Contudo, o registo de processos do ano de 2016 também averba 9 inquéritos por “extravio de material de guerra”, 8 por “furto/roubo de material de guerra”, e 2 por “detenção ou tráfico de armas proibidas”. Isto seria relevante se não tivesse ocorrido, em junho último, o roubo de armamento nos paióis militares de Tancos, entre os dias 25 e 28. Nesse lapso de tempo, os patrulhamentos habituais não foram feitos segundo as regras que estavam a ser seguidas ou não se efetuaram de todo.
A PJM, com a tomada de conhecimento do caso, avançou logo para uma “operação-relâmpago”. Em poucos dias ouviu largas dezenas de pessoas, maioritariamente militares, mas também civis que, antes do assalto, trabalhavam em reparações dos paióis de Tancos e das cercas de vedação – cortada para concretizar o roubo do arsenal. Há quem defenda ter sido esta batelada de inquirições que “apertou” assaltantes e mandantes, levando-os a devolver o armamento roubado.

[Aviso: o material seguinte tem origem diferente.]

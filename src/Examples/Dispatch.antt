-- ===== src/Examples/Dispatch.antt =====
-- Requests that are forwarded and refused, at concrete inputs.
use zero_trust_proxy.Common.{ℕ, suc, any, contains_text, ◌≡◌, ◌≤◌, refl, ◌⊎◌, some, [], ◌∷◌}
use zero_trust_proxy.Error.{authentication_failed, ok, err, status_code}
use zero_trust_proxy.Proxy.Server.{
  Request, visible, get_header, header_or, build_default_policy_engine, new,
}
use zero_trust_proxy.Config.{default}
use zero_trust_proxy.Proxy.Gate.{
  authorize, check_session, check_policy, assess_risk, decide_access, policy_context,
}
use zero_trust_proxy.Policy
use zero_trust_proxy.Policy.{
  evaluate, decide, scan_policies, scan_rules, applies, matches_resource, evaluate_conditions,
  add_policy,
}
use zero_trust_proxy.Auth.Session.{
  get_session, found_session, is_expired, update_session, update_activity,
}
use zero_trust_proxy.Examples.Gate.{gate_run}
use zero_trust_proxy.Auth.Jwt.{extract_token_from_header, validate_token}
use zero_trust_proxy.Common.Text.{starts_with, strip_suffix_char, to_lowercase, trim_end_matches}
use zero_trust_proxy.Proxy.Upstream.{
  Response, HttpClient, UpstreamRequest, upstream_request, without_host,
}
use zero_trust_proxy.Proxy.Dispatch.{Drawn, handle_request}
use zero_trust_proxy.Proxy.Dispatch.Isolation.{
  Forwarded, Relayed, handle_request-Forwarded, handle_request_refused, handle_request_forwarded,
}
use zero_trust_proxy.Examples.Store.{redis}
use zero_trust_proxy.Examples.Fixtures.{
  answering, platform, lenient, server, request, remote, world,
}

-- A backend that counts its requests.
abbrev client : HttpClient ℕ
client = record {
  request = λ out n. (ok (record { status = 204; headers = []; body = some "" }), suc n);
  parse_uri = λ s. some s;
}

abbrev drawn : Drawn
drawn = record { salt = "salt"; gen_range = λ i n. 0 }

handle_request-Forwarded_example :
    ((handle_request platform client server drawn remote request world 0).2 ≡ 0)
    ⊎ Forwarded platform client server drawn remote request world 0
        (handle_request platform client server drawn remote request world 0).2
handle_request-Forwarded_example =
    handle_request-Forwarded platform client server drawn remote request world 0

-- The same request without its token.
abbrev anonymous : Request
anonymous = record request { headers = [] }

refused_run :
    authorize platform server "GET" "/api/items" remote anonymous world
    ≡ (err (authentication_failed "Invalid authorization header format"), world)
unfolding authorize extract_token_from_header header_or get_header starts_with
refused_run = refl

handle_request_refused_example :
    (response : Response) × (handle_request platform client server drawn remote anonymous world 0
      ≡ (response, world, 0))
    × (response.status ≡ status_code (authentication_failed "Invalid authorization header format"))
    × (400 ≤ response.status)
    × (response.status ≤ 599)
    × (get_header "content-type" response.headers ≡ some (visible "application/json"))
handle_request_refused_example =
    handle_request_refused platform client server drawn remote anonymous
      (authentication_failed "Invalid authorization header format") world world 0 refl refused_run

granted : (authorize lenient server "GET" "/api/items" remote request world).0 ≡ ok tt
unfolding gate_run redis lenient server authorize validate_token get_session found_session
    is_expired update_session update_activity check_session check_policy assess_risk decide_access
    policy_context evaluate decide scan_policies scan_rules applies matches_resource
    evaluate_conditions strip_suffix_char contains_text any to_lowercase extract_token_from_header
    header_or get_header starts_with build_default_policy_engine add_policy Policy.new
granted = refl

abbrev out : UpstreamRequest
out = record {
  method = "GET";
  uri = "http://localhost:8080/api/items?page=2";
  headers = ("authorization", visible "Bearer t1") ∷ [];
  body = "";
}

out_run : upstream_request client server request ≡ ok out
unfolding upstream_request without_host trim_end_matches server new default
out_run = refl

handle_request_forwarded_example :
    ((handle_request lenient client server drawn remote request world 0).1
      ≡ (authorize lenient server "GET" "/api/items" remote request world).1)
    × ((handle_request lenient client server drawn remote request world 0).2 ≡ 1)
    × Relayed
        (ok (record { status = 204; headers = []; body = some "" }))
        (handle_request lenient client server drawn remote request world 0).0
handle_request_forwarded_example =
    handle_request_forwarded lenient client server drawn remote request out world
      (authorize lenient server "GET" "/api/items" remote request world).1 0 refl
      (answering (authorize lenient server "GET" "/api/items" remote request world) (ok tt) granted)
      out_run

Não se sabe se assim foi. Porém, é certo que, às três horas da madrugada de 18 de outubro, um oficial da PJM, de piquete nessa semana, recebeu uma rápida chamada anónima, feita a partir de uma cabina telefónica pública, que descreveu o suficiente para localizar, na Chamusca, material de guerra abandonado. Era noite de tempestade, com chuva intensa e trovoada. À luz de lanternas, os investigadores descortinaram um amontoado de caixotes no sítio indicado pela voz anónima, uma valeta marginada de canavial. E perceberam a existência ali de caixas de granadas. Era necessária uma morosa operação de segurança, certificadora de que as caixas e os caixotes não estavam armadilhados, de modo a ser possível o transporte para o campo militar de Santa Margarida. Aí, após a abertura das embalagens, os números de série do armamento permitiram a obtenção da certeza de que se tratava do arsenal roubado de Tancos cerca de 4 meses antes. Todavia, no conjunto devolvido, faltavam as 1 500 munições de 9 mm, que continuam desaparecidas e que especialistas em segurança creem ter sido o objetivo do roubo. O restante material levado pelos assaltantes (264 unidades de explosivo plástico e mais de 200 granadas, algumas das quais antitanque) terá resultado do aproveitamento da oportunidade, mas, às tantas, terá começado “a queimar-lhes as mãos”. Por outro lado, crê-se haver ligação entre as munições de 9 mm roubadas em Tancos e o desaparecimento, detetado no início de 2017, de 57 pistolas Glock, que se encontravam num armazém da Direção Nacional da PSP, em Lisboa. A investigação daquele caso ficou entregue à PSP, que sobre nada disse.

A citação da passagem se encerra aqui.